Pemerintah Indonesia menargetkan porsi energi baru terbarukan (EBT) dalam bauran energi nasional bisa naik dari 13% pada 2017 menjadi 23% pada 2025.
Namun, modal pendukungnya masih minim. Menurut laporan Kementerian ESDM, pada 2017 realisasi investasi di sektor EBT Indonesia sempat mencapai US$2 miliar. Kemudian di tahun-tahun berikutnya cenderung menurun.
Aliran modal untuk pengembangan EBT itu lebih kecil ketimbang yang diterima sektor mineral dan batu bara (minerba), ataupun minyak dan gas bumi (migas).
Selama periode 2017-2022 realisasi investasi di sektor minerba sekitar 2 sampai 5 kali lipat lebih tinggi dibanding EBT. Investasi di sektor migas bahkan 6 sampai 9 kali lipat lebih tinggi seperti terlihat pada grafik.
Adapun menurut International Renewable Energy Agency (IRENA), untuk mendorong percepatan transisi energi, Indonesia butuh investasi US$314,5 miliar selama periode 2018-2030, atau rata-rata sekitar US$17,4 miliar per tahun.
Investasi tersebut diperlukan untuk mendorong penjualan kendaraan listrik di pasar domestik, meningkatkan kapasitas pembangkit EBT, serta membangun berbagai infrastruktur untuk mendukung distribusi EBT ke konsumen.
"Hambatan signifikan dalam mendorong transisi energi Indonesia adalah pendanaan dan investasi. Sumber pembiayaan perlu diperluas dan kapasitas pembiayaan lokal perlu ditingkatkan," kata IRENA dalam laporan Indonesia Energy Transition Outlook yang dirilis Oktober 2022.

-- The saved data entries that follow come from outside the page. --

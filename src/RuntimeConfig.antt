-- ===== src/RuntimeConfig.antt =====
-- The runtime configuration and its manager, bot/src/runtime/runtime-config-manager.ts.
pub mod Types
pub mod Behavior
pub mod Records
pub mod Views
pub mod Queue
pub mod Overlay
pub mod Patch
pub mod Boundary
pub mod Cycle
pub mod Restore
pub mod Refresh
pub mod Calls
pub mod Keeps
pub mod Steady
pub mod Killed
pub mod Halt
pub mod Locked
pub mod Coherent
pub mod Escape
pub mod Lapse
pub mod Fixture
pub mod Examples
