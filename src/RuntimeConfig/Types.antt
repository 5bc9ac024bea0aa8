-- ===== src/RuntimeConfig/Types.antt =====
-- The data of the runtime configuration, bot/src/config/runtime-config-schema.ts. A number with a
-- fraction is a number of billionths. The literal `schemaVersion` is left out.
use bobby_execute.Base.{ℕ, String, Bool, Option, List}
use bobby_execute.LiveControl.Types.{RolloutPosture}

pub data RuntimeMode : Type 0 where
  disabled observe paper live_limited live : RuntimeMode

pub data ReviewPolicyMode : Type 0 where
  no_review draft_only required : ReviewPolicyMode

pub data PauseScope : Type 0 where
  soft hard : PauseScope

pub record ExecutionToggles : Type 0 where
  pub trading_enabled : Bool
  pub live_test_mode : Bool
  pub dry_run : Bool

pub record FilterConfig : Type 0 where
  pub allowlist_tokens : List String
  pub denylist_tokens : List String

pub record AdapterToggles : Type 0 where
  pub execution_enabled : Bool
  pub publish_enabled : Bool
  pub paper_adapters_enabled : Bool

pub record RateCaps : Type 0 where
  pub require_arm : Bool
  pub max_notional_per_trade : ℕ
  pub max_trades_per_window : ℕ
  pub window_ms : ℕ
  pub cooldown_ms : ℕ
  pub max_in_flight : ℕ
  pub failures_to_block : ℕ
  pub failure_window_ms : ℕ
  pub max_daily_notional : Option ℕ

pub record Thresholds : Type 0 where
  pub max_slippage_percent : ℕ
  pub circuit_breaker_failure_threshold : ℕ
  pub circuit_breaker_recovery_ms : ℕ
  pub review_policy_mode : ReviewPolicyMode

-- a key of `featureFlags` with its value
pub record FeatureFlag : Type 0 where
  pub key : String
  pub value : Bool

-- `RuntimeBehaviorConfig`
pub record RuntimeBehavior : Type 0 where
  pub mode : RuntimeMode
  pub rollout_posture : RolloutPosture
  pub execution_toggles : ExecutionToggles
  pub polling_interval_ms : ℕ
  pub filters : FilterConfig
  pub adapter_toggles : AdapterToggles
  pub rate_caps : RateCaps
  pub thresholds : Thresholds
  pub feature_flags : List FeatureFlag
  pub notes : Option String

-- The parts of a patch, `none` where the patch does not name the field.
pub record ExecutionTogglesPatch : Type 0 where
  pub trading_enabled : Option Bool
  pub live_test_mode : Option Bool
  pub dry_run : Option Bool

pub record FilterConfigPatch : Type 0 where
  pub allowlist_tokens : Option (List String)
  pub denylist_tokens : Option (List String)

pub record AdapterTogglesPatch : Type 0 where
  pub execution_enabled : Option Bool
  pub publish_enabled : Option Bool
  pub paper_adapters_enabled : Option Bool

pub record RateCapsPatch : Type 0 where
  pub require_arm : Option Bool
  pub max_notional_per_trade : Option ℕ
  pub max_trades_per_window : Option ℕ
  pub window_ms : Option ℕ
  pub cooldown_ms : Option ℕ
  pub max_in_flight : Option ℕ
  pub failures_to_block : Option ℕ
  pub failure_window_ms : Option ℕ
  pub max_daily_notional : Option ℕ

pub record ThresholdsPatch : Type 0 where
  pub max_slippage_percent : Option ℕ
  pub circuit_breaker_failure_threshold : Option ℕ
  pub circuit_breaker_recovery_ms : Option ℕ
  pub review_policy_mode : Option ReviewPolicyMode

-- the key `notes` of a patch: absent, null, or a text
pub data NotesPatch : Type 0 where
  absent null : NotesPatch
  text : String → NotesPatch

-- `RuntimeBehaviorPatch`
pub record RuntimeBehaviorPatch : Type 0 where
  pub mode : Option RuntimeMode
  pub rollout_posture : Option RolloutPosture
  pub execution_toggles : Option ExecutionTogglesPatch
  pub polling_interval_ms : Option ℕ
  pub filters : Option FilterConfigPatch
  pub adapter_toggles : Option AdapterTogglesPatch
  pub rate_caps : Option RateCapsPatch
  pub thresholds : Option ThresholdsPatch
  pub feature_flags : Option (List FeatureFlag)
  pub notes : NotesPatch

-- `RuntimeOverlay`
pub record RuntimeOverlay : Type 0 where
  pub paused : Bool
  pub pause_scope : Option PauseScope
  pub pause_reason : Option String
  pub kill_switch : Bool
  pub kill_switch_reason : Option String
  pub reload_nonce : ℕ
  pub pending_restart : Bool
  pub pending_reason : Option String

"Dalam banyak kasus, bank-bank di Indonesia belum menerapkan pembiayaan untuk energi terbarukan. Pengembang yang butuh pembiayaan proyek energi terbarukan perlu mendekati investor atau lembaga keuangan internasional," lanjutnya.
(Baca: Indonesia Butuh Investasi Rp4,7 Kuadriliun untuk Transisi Energi)
*Data realisasi investasi minerba periode 2017-2019 dalam artikel ini telah diperbarui pada Januari 2024, seiring dengan adanya pembaruan data dalam laporan Kementerian ESDM.